Réintroduction d'ourses dans les Pyrénées-Atlantiques : une décision "qui évite la disparition imminente" de l'espèce dans la région

Alain Reynes, directeur de l'association Pays de l'Ours a réagi mardi sur franceinfo à l'annonce de Nicolas Hulot, ministre de la Transition écologique.

Un ours brun dans la réserve animalière du parc naturel des Pyrénées.
Un ours brun dans la réserve animalière du parc naturel des Pyrénées. (MAXPPP)

Le ministre de la Transition écologique, Nicolas Hulot, a annoncé mardi 27 mars qu'il voulait réintroduire à l’automne deux ourses femelles dans les Pyrénées-Atlantiques. Une décision qui va permettre "d'éviter la disparition de l'espèce" dans cette région des Pyrénées estime mardi sur franceinfo Alain Reynes, directeur de l'association Pays de l'Ours.

franceinfo :  Depuis près de 30 ans, vous faites la promotion de la réintroduction de l'ours dans les Pyrénées. Comment accueillez-vous cette décision de Nicolas Hulot ?

Alain Reynes : C'est une bonne nouvelle que nous attendions, que nous espérions. Maintenant, la vraie bonne nouvelle ce sera quand les ourses seront effectivement lâchées dans les Pyrénées. Là, on parle des Pyrénées-Atlantiques et du Béarn, où il reste, en tout et pour tout, deux ours mâles. Donc chacun comprend bien qu'il n'y a aucune perspective d'avenir pour ces deux mâles si on n’y lâche pas des femelles. Et Nicolas Hulot était là dans une situation d'urgence, prendre les mesures conservatoires pour éviter la disparition de l'espèce qui était imminente s'il ne faisait rien.

Comment se fait-il qu'il n'y ait plus que deux mâles ?

Tout simplement parce qu'on est là sur un dossier historique, c'est-à-dire que lentement la population d'ours a décliné dans les Pyrénées. La concertation locale, pourtant menée depuis plus de vingt ans par l'État avec les acteurs locaux, n'avait pas, jusqu'à présent, permis d'aboutir à un accord pour commencer à restaurer la population et lâcher des femelles. Il fallait absolument prendre cette mesure qui est une mesure minimale. Chacun comprend, bien évidemment, qu'en lâchant deux femelles on n’assure pas un avenir durable à une population mais - et c'est l'objectif - on évite la disparition imminente. L'ours fait partie du patrimoine pyrénéen, national, biologique. On est en ce moment entrain de se rendre compte que la perte de biodiversité au niveau global - y compris au niveau local - est une catastrophe à venir. Donc tout ce qu'on peut faire pour éviter la perte de biodiversité est évidemment fondamental et très important pour l'avenir.

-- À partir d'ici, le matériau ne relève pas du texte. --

-- ===== src/Tests/Lifecycle.antt =====
-- A VM on macOS from its start to its end, on a system whose files hold what was last written to them.
use podman_bootc.Base.{
  ℕ, ◌≡◌, refl, ap, ◌∙◌, true, Text, lit, [], ◌∷◌, ◌++◌, some, text_eq_refl, arith,
}
use podman_bootc.Base.Int.{pos}
use podman_bootc.Config.{disk_image, run_pid_file}
use podman_bootc.Go.Base64.{encode}
use podman_bootc.Go.Decimal.{format_int}
use podman_bootc.Go.Errors.{ok}
use podman_bootc.Go.Path.{join}
use podman_bootc.Tests.Storage.{store, vm_a, last_written, written_by}
use podman_bootc.Utils.Files.{write_pid_file}
use podman_bootc.Utils.Process.{sigint}
use podman_bootc.Vm.Krunkit.{Krunkit, new_krunkit, record_process, start_krunkit_process}
use podman_bootc.Vm.Mac.{BootcVmMac, is_running, delete}
use podman_bootc.Vm.Mac.Lifecycle.{start_krunkit-delete}
use podman_bootc.Vm.Mac.Looks.{IsLook, Lives}
use podman_bootc.Vm.Monitor.{get_binary_path, start_krunkit}
use podman_bootc.Vm.Oem.{tmp_file_cmd, tmp_file_ssh_key, oem_string_systemd_credential}
use podman_bootc.World.Calls.{
  Answer, done, Action, write_file, remove, signal_process, acted, answered, Trace,
}
use podman_bootc.World.Commands.{start_cmd}
use podman_bootc.World.Events.{Extends, same, more}
use podman_bootc.World.Exec.{
  pure, fail, context, on_error, or_crash, ignore, attempt, read, measure, act, ◌>>=◌,
}

look_keeps :
    (path : Text) (c : Action) (r : Answer (Unit {0})) (old : Text)
    → IsLook (acted c r)
    → written_by path c old ≡ old
look_keeps path (write_file q s) r old h = elim h [ ]
look_keeps path (remove q) r old h = refl
look_keeps path _ r old h = refl

kept : (path : Text) (u w : Trace) → Extends IsLook u w → last_written path w ≡ last_written path u
kept path u w same = refl
kept path u w (more (acted c r) p k) = look_keeps path c r _ p ∙ kept path u _ k
kept path u w (more (answered c r) p k) = kept path u _ k
kept path u w (more _ p k) = kept path u _ k

store-Lives :
    (path : Text) (q : ℕ) (w : Trace)
    → Lives store path q (acted (write_file path (format_int (pos q))) (done tt) ∷ w)
store-Lives path q w = record {
  there = λ v x. (100, refl);
  content = λ v x. ap done (kept path _ v x ∙ rw (text_eq_refl path) refl);
  found = λ v x. refl;
  alive = λ v x. refl;
}

krunkit_a : Krunkit
krunkit_a =
    let k = new_krunkit [] (record {
      disk = join (lit "/cache/a" ∷ disk_image ∷ []);
      net_socket = lit "/net.sock";
      oem_string =
          lit "io.systemd.credential.binary:tmpfiles.extra="
          ++ encode (tmp_file_cmd (lit "root") (encode []));
      pid_file = join (lit "/cache/a" ∷ run_pid_file ∷ []);
    }) in
    record k { cmd = record k.cmd { process = some 100 } }

krunkit_a-starts :
    (start_krunkit store (lit "/cache/a") (lit "root") (lit "/key") (lit "/net.sock") []).0
    ≡ ok krunkit_a
unfolding krunkit_a start_krunkit start_krunkit_process record_process get_binary_path
    write_pid_file oem_string_systemd_credential tmp_file_ssh_key start_cmd pure fail context
    on_error or_crash ignore attempt read measure act ◌>>=◌ new_krunkit
krunkit_a-starts = refl

krunkit_a-runs : krunkit_a.cmd.process ≡ some 100
unfolding krunkit_a
krunkit_a-runs = refl

abbrev vm_mac : BootcVmMac
vm_mac = record {
  socket_file = [];
  common = record vm_a { pid_file = join (lit "/cache/a" ∷ run_pid_file ∷ []) };
}

start_krunkit-delete_example :
    let u =
      (start_krunkit store (lit "/cache/a") (lit "root") (lit "/key") (lit "/net.sock") []).1 in
    ((is_running store vm_mac u).0 ≡ ok true)
    × ((v : Trace) × (r : Answer (Unit {0})) × ((delete store vm_mac u).1
          ≡ acted (signal_process (pos 100) sigint) r ∷ v)
        × Extends IsLook u v)
start_krunkit-delete_example =
    start_krunkit-delete store vm_mac (lit "/cache/a") (lit "root") (lit "/key") (lit "/net.sock")
      [] krunkit_a 100 krunkit_a-starts krunkit_a-runs (omega arith) refl
      (store-Lives vm_mac.pid_file)
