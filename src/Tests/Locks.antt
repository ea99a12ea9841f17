-- ===== src/Tests/Locks.antt =====
-- The promises on locks, on the simulated system.
use podman_bootc.Vm.Platform.{linux_vm}
use podman_bootc.Base.{◌≡◌, ◌≢◌, refl, true, false, [], ◌∷◌, lit, text_eq, has_prefix, slice_to}
use podman_bootc.Cmd.Guards.{IsGuarded}
use podman_bootc.Cmd.Promises.{execute-keeps_locks, do_stop-IsGuarded, do_remove-IsGuarded}
use podman_bootc.Cmd.Rm.{do_remove}
use podman_bootc.Cmd.Root.{stop, execute}
use podman_bootc.Cmd.Stop.{close_vm, do_stop}
use podman_bootc.Go.Errors.{ok, panic}
use podman_bootc.Go.Path.{join}
use podman_bootc.Config.{libvirt_uri_default, project_name, cache_dir_name, disk_image}
use podman_bootc.User.{new_user, cache_dir, run_dir}
use podman_bootc.Utils.Files.{file_exists}
use podman_bootc.Utils.Locks.{new_cache_lock, try_lock_in, unlock}
use podman_bootc.Vm.Cache.{get_vm_cache_path, find_full_id, lock_vm, check_cache_dir}
use podman_bootc.Vm.Linux.{
  new_vm, open_locked, load_existing_domain, delete, shutdown, exists, any_named, undefine,
  is_running, close_libvirt, unlock_vm, vm_name_of,
}
use podman_bootc.Cmd.Keeps.{IsNoRemoval, do_run-IsNoRemoval}
use podman_bootc.Cmd.Starts.{do_run-ne-panic}
use podman_bootc.Cmd.Run.{OsVmConfig, do_run}
use podman_bootc.World.Events.{Extends}
use podman_bootc.World.Exec.{
  pure, fail, or_crash, attempt, context, on_error, deferring, branch, if_nil, ◌>>=◌, ignore,
  for_each, act, test, read, measure, read_dir, list_domains, current_user,
}
use podman_bootc.World.Judged.{ExtendsBy}
use podman_bootc.World.Locks.{held}
use podman_bootc.Tests.Sim.{calm, id_a}

-- `stop` of the running VM ends well.
stop_runs : (do_stop calm (linux_vm calm) (id_a ∷ []) []).0 ≡ ok tt
unfolding do_stop close_vm new_user new_vm get_vm_cache_path find_full_id lock_vm try_lock_in
    check_cache_dir file_exists open_locked load_existing_domain delete shutdown exists any_named
    undefine is_running close_libvirt unlock_vm unlock vm_name_of cache_dir run_dir join
    new_cache_lock slice_to text_eq has_prefix lit pure fail or_crash attempt context on_error
    deferring branch if_nil ◌>>=◌ ignore for_each act test read measure read_dir list_domains
    current_user libvirt_uri_default project_name cache_dir_name disk_image
stop_runs = refl

execute-keeps_locks_example :
    held (lit "/lock") (execute calm (linux_vm calm) [] (stop (id_a ∷ [])) []).1
    ≡ held (lit "/lock") []
execute-keeps_locks_example = execute-keeps_locks calm [] (stop (id_a ∷ [])) (lit "/lock") []

do_stop-IsGuarded_example :
    ExtendsBy (IsGuarded calm) [] (do_stop calm (linux_vm calm) (id_a ∷ []) []).1
do_stop-IsGuarded_example = do_stop-IsGuarded calm (id_a ∷ []) []

do_remove-IsGuarded_example :
    ExtendsBy (IsGuarded calm) [] (do_remove calm (linux_vm calm) false true (id_a ∷ []) []).1
do_remove-IsGuarded_example = do_remove-IsGuarded calm false true (id_a ∷ []) []

abbrev flags_rm : OsVmConfig
flags_rm = record {
  user = lit "root";
  cloud_init_dir = [];
  cloud_init_changed = false;
  background = false;
  remove_vm = true;
  quiet = true;
}

do_run-IsNoRemoval_example :
    Extends IsNoRemoval []
      (do_run calm
        (linux_vm calm)
        flags_rm
        (record { filesystem = []; root_size_max = []; disk_size = [] })
        (lit "quay.io/a" ∷ [])
        []).1
do_run-IsNoRemoval_example =
    do_run-IsNoRemoval calm flags_rm
      (record { filesystem = []; root_size_max = []; disk_size = [] }) (lit "quay.io/a" ∷ []) []

do_run-ne-panic_example :
    (do_run calm
      (linux_vm calm)
      flags_rm
      (record { filesystem = []; root_size_max = []; disk_size = [] })
      (lit "quay.io/a" ∷ [])
      []).0
    ≢ panic
do_run-ne-panic_example =
    do_run-ne-panic calm flags_rm (record { filesystem = []; root_size_max = []; disk_size = [] })
      (lit "quay.io/a") [] []
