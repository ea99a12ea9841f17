-- ===== src/Vm/Krunkit/CommandLine.antt =====
-- pkg/vm/krunkit.go: the arguments of krunkit, read back by the grammar of its options.
use mathlib.Core.List.{append-nil, append_assoc}
use podman_bootc.Base.{
  ◌≡◌, refl, ◌∙◌, List, [], ◌∷◌, ◌++◌, Text, lit, text_eq, Option, none, some, if◌then◌else◌,
}
use podman_bootc.Base.Int.{ℤ, pos}
use podman_bootc.Go.Decimal.{format_int, parse_int}
use podman_bootc.Go.Decimal.RoundTrip.{IsInt64, parse_int-format_int}
use podman_bootc.Vm.Krunkit.{KrunkitCmdLine, flagged, as_slice, new_krunkit_cmd_line}

-- The options of krunkit that have a value: a number of CPUs, an amount of memory, a device, which may
-- be given several times, and an OEM string, likewise.
pub data Flag : Type 0 where
  cpus_flag memory_flag device_flag oem_flag unknown_flag : Flag

abbrev flag_of : Text → Flag
flag_of s =
    if text_eq s (lit "--cpus")
    then cpus_flag
    else if text_eq s (lit "--memory")
    then memory_flag
    else if text_eq s (lit "--device")
    then device_flag
    else if text_eq s (lit "--oem-string")
    then oem_flag
    else unknown_flag

abbrev with_cpus : KrunkitCmdLine → Option ℤ → Option KrunkitCmdLine
with_cpus kc none = none
with_cpus kc (some n) = some (record kc { cpus = n })

abbrev with_memory : KrunkitCmdLine → Option ℤ → Option KrunkitCmdLine
with_memory kc none = none
with_memory kc (some n) = some (record kc { memory = n })

-- What one option adds to what the options before it say.
abbrev with_option : KrunkitCmdLine → Text → Flag → Option KrunkitCmdLine
with_option kc value cpus_flag = with_cpus kc (parse_int value)
with_option kc value memory_flag = with_memory kc (parse_int value)
with_option kc value device_flag = some (record kc { devices = kc.devices ++ (value ∷ []) })
with_option kc value oem_flag = some (record kc { oem_strings = kc.oem_strings ++ (value ∷ []) })
with_option kc value unknown_flag = none

-- The arguments read from left to right; `none` for an option that krunkit does not have, a number that
-- is none, or an option with no value.
pub parse_options : List Text → Option KrunkitCmdLine → Option KrunkitCmdLine
parse_options [] o = o
parse_options (flag ∷ []) o = none
parse_options (flag ∷ value ∷ args) none = none
parse_options (flag ∷ value ∷ args) (some kc) =
    parse_options args (with_option kc value (flag_of flag))

device_flag_lem : flag_of (lit "--device") ≡ device_flag
unfolding text_eq lit
device_flag_lem = refl

oem_flag_lem : flag_of (lit "--oem-string") ≡ oem_flag
unfolding text_eq lit
oem_flag_lem = refl

parse_devices :
    (values rest : List Text) (kc : KrunkitCmdLine)
    → parse_options (flagged (lit "--device") values ++ rest) (some kc)
      ≡ parse_options rest (some (record kc { devices = kc.devices ++ values }))
unfolding parse_options flagged
parse_devices [] rest kc = rw (append-nil kc.devices) refl
parse_devices (v ∷ values) rest kc = rw (device_flag_lem) (
    parse_devices values rest (record kc { devices = kc.devices ++ (v ∷ []) })
    ∙ rw (append_assoc kc.devices (v ∷ []) values) refl)

parse_oem_strings :
    (values : List Text) (kc : KrunkitCmdLine)
    → parse_options (flagged (lit "--oem-string") values) (some kc)
      ≡ some (record kc { oem_strings = kc.oem_strings ++ values })
unfolding parse_options flagged
parse_oem_strings [] kc = rw (append-nil kc.oem_strings) refl
parse_oem_strings (v ∷ values) kc = rw (oem_flag_lem) (
    parse_oem_strings values (record kc { oem_strings = kc.oem_strings ++ (v ∷ []) })
    ∙ rw (append_assoc kc.oem_strings (v ∷ []) values) refl)

cpus_flag_lem : flag_of (lit "--cpus") ≡ cpus_flag
unfolding text_eq lit
cpus_flag_lem = refl

memory_flag_lem : flag_of (lit "--memory") ≡ memory_flag
unfolding text_eq lit
memory_flag_lem = refl

parse_cpus :
    (cpus : ℤ) (args : List Text) (kc : KrunkitCmdLine)
    → IsInt64 cpus
    → parse_options (lit "--cpus" ∷ format_int cpus ∷ args) (some kc)
      ≡ parse_options args (some (record kc { cpus = cpus }))
unfolding parse_options
parse_cpus cpus args kc h = rw (cpus_flag_lem, parse_int-format_int cpus h) refl

parse_memory :
    (memory : ℤ) (args : List Text) (kc : KrunkitCmdLine)
    → IsInt64 memory
    → parse_options (lit "--memory" ∷ format_int memory ∷ args) (some kc)
      ≡ parse_options args (some (record kc { memory = memory }))
unfolding parse_options
parse_memory memory args kc h = rw (memory_flag_lem, parse_int-format_int memory h) refl

-- For every command line whose numbers of CPUs and of memory are int64 values: the arguments that
-- `asSlice` makes of it, read by the grammar of krunkit's options, give the numbers, the devices
-- and the OEM strings back, each in their order.
pub parse_options-as_slice :
    (kc : KrunkitCmdLine)
    → IsInt64 kc.cpus
    → IsInt64 kc.memory
    → parse_options (as_slice kc) (some (new_krunkit_cmd_line (pos 0) (pos 0))) ≡ some kc
unfolding as_slice
parse_options-as_slice kc h k =
    parse_cpus kc.cpus _ _ h
    ∙ (parse_memory kc.memory _ _ k
        ∙ (parse_devices kc.devices _ _ ∙ parse_oem_strings kc.oem_strings _))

D'où vont venir ces ourses ?

Le plus probable est qu'elles viennent de Slovénie comme les précédents ours qu'on a lâchés dans les Pyrénées. Maintenant, Nicolas Hulot a annoncé qu'il y aurait des contacts avec plusieurs pays, il y a effectivement plusieurs sources possibles. Mais ce n'est pas la question essentielle. La question essentielle étant d'avoir des individus qui sont les plus proches possibles de la population d'origine pyrénéenne pour pouvoir s'y adapter et s'y reproduire. Au dernier recensement qui date de 2016 nous avions compté trente-neuf individus au total [dans les Pyrénées].

Les éleveurs ne sont pas contents. Peut-on protéger les troupeaux de la menace de l'ours aujourd'hui ?

Bien sûr qu'on peut protéger les troupeaux. Toutes les études le montrent et nous aurons bientôt des nouvelles informations à communiquer sur ce sujet qui le démontreront de manière formelle. Mais là, on est dans un secteur des Pyrénées où les troupeaux ont toujours été gardés, ont toujours été rassemblés la nuit, ont toujours été protégés par des chiens de protection et où les dégâts, même quand il y avait plus d'ours, ont toujours été faibles. C'est forcément une inquiétude pour les éleveurs, c'est normal. Mais les mesures permettant la cohabitation sont déjà en place. Elles peuvent peut-être être complétées, ça fera l'objet d'une concertation que Nicolas Hulot a lancé. Tout ça nous semble de très bonne augure pour autant que tout le monde y mette de la bonne volonté.